FWIW my inclination is to say that 1-4 are all "changes to my mental model". And 5 involves both changes to my mental model (knowing that I'm grumpy), and changes to the inputs to my mental model (I feel different "feelings" than I otherwise would—I think of those as inputs going into the model, just like visual inputs go into the model). Is there anything wrong / missing / suboptimal about that definition?
This one kinda confuses me. I'm of the opinion that the human brain is "constructed with a model explicitly, so that identifying the model is as simple as saying "the model is in this sub-module, the one labelled 'model'"." Of course the contents of the model are learned, but I think the question of whether any particular plastic synapse is or is not part of the information content of the model will have a straightforward yes-or-no answer. If that's right, then "it's hard to find the model (if any) in a trained model-free RL agent" is a disanalogy to "AIs learning human values". It would be more analogous to just train a MuZero clone, which has a labeled "model" component, instead of training a model-free RL.
And then looking at weights and activations would also be disanalogous to "AIs learning human values", since we probably won't have those kinds of real-time-brain-scanning technologies, right?
Sorry if I'm misunderstanding.
Ah, you mean that "alignment" is a different problem than "subhuman and human-imitating training safety"? :P
Ah, you mean that "alignment" is a different problem than "subhuman and human-imitating training safety"? :P
"Quantilizing from the human policy" is human-imitating in a sense, but also superhuman. At least modestly superhuman - depends on how hard you quantilize. (And maybe very superhuman in speed.)
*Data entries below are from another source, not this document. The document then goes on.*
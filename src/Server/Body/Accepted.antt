-- ===== src/Server/Body/Accepted.antt =====
-- Which bodies `readObject` of cmd/medb/protocol.go accepts, and as which fields.
use medb.Base.{
  ◌≡◌, refl, ap, sym, ◌∙◌, ◌≤◌, ◌<◌, inl, inr, ℕ, Bool-cases, true, false, not, Option-cases, none,
  some, List, [], ◌∷◌, arith, Bytes, bytes, bytes_eq, bytes_eq_iff, bytes_eq_refl, is_some, Map,
  lookup, lookup-insert, lookup-nil, insert, keys, any_of, length,
}
use medb.Server.{Host}
use medb.Server.Fields.{fail_request_too_large, Checked-cases, good, fail, Fields, check_fields}
use medb.Server.Unicode.{valid_json_unicode}
use medb.Server.Handlers.{read_object}
use medb.Server.Body.{
  Incoming, Members, member, bad_token, bad_value, closing, bad_closing, BodyReader, collect,
  decode_object, decode_body, spell, AreDistinct,
}

-- What `collect` adds to the fields that it has: the members that are spelled, all new.
collect_lem :
    (fields : Fields) (members : Members) (all : Fields)
    → collect fields members ≡ good all
    → (ms : Map Bytes) × (members ≡ spell ms)
      × AreDistinct (keys ms)
      × ((name : Bytes)
          → lookup name all
            ≡ (elim (lookup name fields) [ none ↦ lookup name ms | some raw ↦ some raw ]))
      × ((name : Bytes)
          → any_of (λ n. bytes_eq n name) (keys ms) ≡ true
          → lookup name fields ≡ none)
unfolding collect spell lookup
collect_lem fields closing all e = ([], refl, tt, λ name. ground arith, λ name bad. cc)
collect_lem fields (member name raw rest) all e = elim (Option-cases (lookup name fields)) [
  | inr (old, there) ↦ absurd (ground arith)
  | inl fresh ↦
      let (ms, spelled, distinct, look, unused) =
        collect_lem (insert name raw fields) rest all (ground arith) in
      (
        (name, raw) ∷ ms,
        ap (member name raw) spelled,
        (
          elim (Bool-cases (any_of (λ n. bytes_eq n name) (keys ms))) [
            | inr ne ↦ ne
            | inl twice ↦
                let gone = unused name twice in
                absurd (ground (arith, lookup-insert name name raw fields, bytes_eq_refl name))
          ],
          distinct,
        ),
        λ n.
            let found = look n in
            let same = lookup-insert name n raw fields in
            elim (Bool-cases (bytes_eq name n)) [
              | inl eq ↦
                  let fresh' : lookup n fields ≡ none =
                    ap (λ k. lookup k fields) (sym ((bytes_eq_iff name n).0 eq)) ∙ fresh in
                  ground arith
              | inr ne ↦ ground arith
            ],
        λ n among.
            let same = lookup-insert name n raw fields in
            elim (Bool-cases (bytes_eq name n)) [
              | inl eq ↦ ap (λ k. lookup k fields) (sym ((bytes_eq_iff name n).0 eq)) ∙ fresh
              | inr ne ↦
                  let gone : lookup n (insert name raw fields) ≡ none = unused n (ground arith) in
                  ground arith
            ],
      )
]
collect_lem fields bad_token all e = absurd (ground arith)
collect_lem fields (bad_value name) all e = absurd (ground arith)
collect_lem fields bad_closing all e = absurd (ground arith)

module _ (h : Host) (reader : BodyReader) where
  decode_object_inv :
      (body : Bytes) (fields : Fields)
      → decode_object h reader body ≡ good fields
      → (h.valid_utf8 body ≡ true)
        × (valid_json_unicode body ≡ some true)
        × (reader.valid_json body ≡ true)
        × ((members : Members) × (reader.decode (h.trim_space body) ≡ some members)
            × (collect [] members ≡ good fields))
  unfolding decode_object
  decode_object_inv body fields e = (ground arith, ground arith, ground arith, ground arith)

  decode_body_inv :
      (limit : ℕ) (r : Incoming) (fields : Fields)
      → decode_body h reader limit r ≡ good fields
      → (r.content_encoding ≡ [])
        × (reader.media_type r.content_type ≡ some (bytes "application/json"))
        × (length r.sent ≤ limit)
        × (r.broken ≡ false)
        × (decode_object h reader r.sent ≡ good fields)
  unfolding decode_body
  decode_body_inv limit r fields e = (
    ground arith,
    elim (Option-cases (reader.media_type r.content_type)) [
      | inl none_there ↦ absurd (ground arith)
      | inr (media, there) ↦
          there ∙ ap some ((bytes_eq_iff media (bytes "application/json")).0 (ground arith))
    ],
    ground arith,
    ground arith,
    ground arith,
  )

  -- A body that is accepted came whole, within the limit, with the JSON media type and no content
  -- encoding. It is valid UTF-8 and valid JSON, an object whose names are all different and
  -- allowed, the required ones among them; the fields are its members.
  pub read_object_lem :
      (allowed required : List Bytes) (limit : ℕ) (r : Incoming) (fields : Fields)
      → read_object allowed required (decode_body h reader limit r) ≡ good fields
      → ((r.content_encoding ≡ [])
          × (reader.media_type r.content_type ≡ some (bytes "application/json"))
          × (length r.sent ≤ limit)
          × (r.broken ≡ false)
          × (h.valid_utf8 r.sent ≡ true)
          × (valid_json_unicode r.sent ≡ some true)
          × (reader.valid_json r.sent ≡ true))
        × ((ms : Map Bytes) × (reader.decode (h.trim_space r.sent) ≡ some (spell ms))
            × AreDistinct (keys ms)
            × ((name : Bytes) → lookup name fields ≡ lookup name ms))
        × (any_of (λ name. not (any_of (λ n. bytes_eq n name) allowed)) (keys fields) ≡ false)
        × (any_of (λ name. not (is_some (lookup name fields))) required ≡ false)
  unfolding read_object check_fields
  read_object_lem allowed required limit r fields e =
      elim (Checked-cases (decode_body h reader limit r)) [
        | inr (f, e1) ↦ absurd (ground arith)
        | inl (fields', e1) ↦
            let same : fields' ≡ fields = ground arith in
            let got : decode_body h reader limit r ≡ good fields = e1 ∙ ap good same in
            let (encoding, media, small, whole, decoded) = decode_body_inv limit r fields got in
            let (utf8, escapes, json, (members, calls, collected)) =
              decode_object_inv r.sent fields decoded in
            let (ms, spelled, distinct, look, _) = collect_lem [] members fields collected in
            (
              (encoding, media, small, whole, utf8, escapes, json),
              (
                ms,
                calls ∙ ap some spelled,
                distinct,
                λ name. look name ∙ rw (lookup-nil {V = Bytes} name),
              ),
              ground arith,
              ground arith,
            )
      ]

  -- A body that is longer than the limit is refused as such, whatever else is wrong with it, once the
  -- headers are right.
  pub read_object_too_large :
      (allowed required : List Bytes) (limit : ℕ) (r : Incoming)
      → r.content_encoding ≡ []
      → reader.media_type r.content_type ≡ some (bytes "application/json")
      → limit < length r.sent
      → read_object allowed required (decode_body h reader limit r) ≡ fail fail_request_too_large
  unfolding read_object decode_body
  read_object_too_large allowed required limit r plain media long =
      ground (arith, bytes_eq_refl (bytes "application/json"))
If you could fork your brain state to create an exact clone, would that clone be "aligned" with you? I think that we should define the word "aligned" such that the answer is "yes". Common sense, right?
Seems to me that if you say "yes it's aligned" to that question, then you should also say "yes it's aligned" to a quantilize-from-the-human-policy agent. It's kinda in the same category, seems to me.
Hmm, Stuart Armstrong suggested here that "alignment is conditional: an AI is aligned with humans in certain circumstances, at certain levels of power." So then maybe as you quantilize harder and harder, you get less and less confident in that system's "alignment"?
(I'm not sure we're disagreeing about anything substantive, just terminology, right? Also, I don't actually personally buy into this quantilization picture, to be clear.)